А он ничего не хочет поверять и объяснять никому, кроме Мари. Он просто-напросто переправляет себя, точно неодушевленный предмет, точно багаж в трюме, из дома, который он нашел и почти уже обставил для Мари в Мехико, в дом в Мангейме, где Мари его ждет. Пока он туда не попал, ничто его не касается, ему нет никакого дела до чужих. И когда они поплывут обратно вместе, им тоже не будет дела до корабля и пассажиров, ведь это плаванье круто повернет всю их жизнь. Никогда больше они не увидят Германию, разве что совершится чудо. Мари должна стать ему родиной, а он — ее родиной, и, куда бы они ни поехали, им придется перенести с собою свой особый климат; этот климат и надо будет называть родиной, и они постараются не вспоминать, что его подлинное имя — изгнание. В памяти Фрейтага возникло видение — Мари за роялем, она играет и поет, и он стал насвистывать ей в лад ту же песенку: «Kein Haus, keine Heimat…»[22]

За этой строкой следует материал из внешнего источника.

-- ===== src/Dns/Laws.antt =====
-- What the resolver promises (services/dns/resolver.ts).
use bapc_vpn_and_digital_sec.Base.{
  String, ◌≡◌, refl, inl, inr, Bool, true, not, ◌||◌, List, number_eq, string_eq, Bool-cases, any,
}
use bapc_vpn_and_digital_sec.Store.Monad.{Result, ok}
use bapc_vpn_and_digital_sec.Dns.{
  QueryType, DnsDecision, evaluate, Upstream, sinkhole_answer, resolve,
}

module _ (normalize : String → String) (well_formed : String → Bool) where
  -- A name that is ill-formed, or that a feed lists, is answered from the sinkhole: no upstream is asked,
  -- whichever there are, and a failure of the audit does not keep the answer back.
  pub resolve_sunk :
      {W : Type 0} (write : DnsDecision → W → Result (Unit {0}) × W) (feeds : List (String → Bool))
      (v4 : String) (upstreams : List (Upstream normalize well_formed)) (name : String)
      (type : QueryType) (w : W)
      → not (well_formed (normalize name)) || any (λ feed. feed (normalize name)) feeds ≡ true
      → (resolve normalize well_formed write feeds v4 upstreams name type w).0
        ≡ ok (sinkhole_answer normalize well_formed v4 type)
  unfolding resolve evaluate
  resolve_sunk write feeds v4 upstreams name type w h =
      elim (Bool-cases (well_formed (normalize name))) [
        | inr e ↦ rw e refl
        | inl e ↦ rw (e, listed name feeds e h) refl
      ]
    where
      listed :
          (name : String) (feeds : List (String → Bool))
          → well_formed (normalize name) ≡ true
          → not (well_formed (normalize name)) || any (λ feed. feed (normalize name)) feeds ≡ true
          → any (λ feed. feed (normalize name)) feeds ≡ true
      listed name feeds e h = rw e at h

Вот так оно и будет. И каково-то будет всегда сознавать, носить в себе это сознание как тайную вину, что, куда бы они ни приехали, они попали туда не по доброй воле и не по своему выбору, но потому, что их туда загнали; что они бегут, пересекают одну границу за другой, ибо они — гонимые и не вольны ни выбрать себе пристанище, ни отказаться от того убежища, какое им предложат. Гордость его страдала. Такая жизнь унизительна для всякого человека и вдвойне унизительна для немца! Что бы он из вежливости ни говорил про свою смешанную кровь, по существу, он самый настоящий немец, истинный сын могучего германского племени, оно достаточно сильно, чтобы уничтожить всякую примесь чужеземной крови в своих жилах и восстановить чистоту крови немецкой; и весь мир был прежде для него вольным простором, где можно всласть поохотиться на любую добычу, и поразвлечься, и поживиться, а настанет день — и он навсегда вернется домой, но в душе он родного дома никогда и не покидал. В самых далеких краях он всегда ощущал немецкую почву под ногами и немецкое небо над головой: нет для него другой родины — так как же случилось, Мари, что у нас ее отняли? Ты уже не еврейка, ты — жена немца; кровь наших детей будет такой же чистой, как моя, в их немецких жилах она очистится от порчи, которая таится в твоей крови…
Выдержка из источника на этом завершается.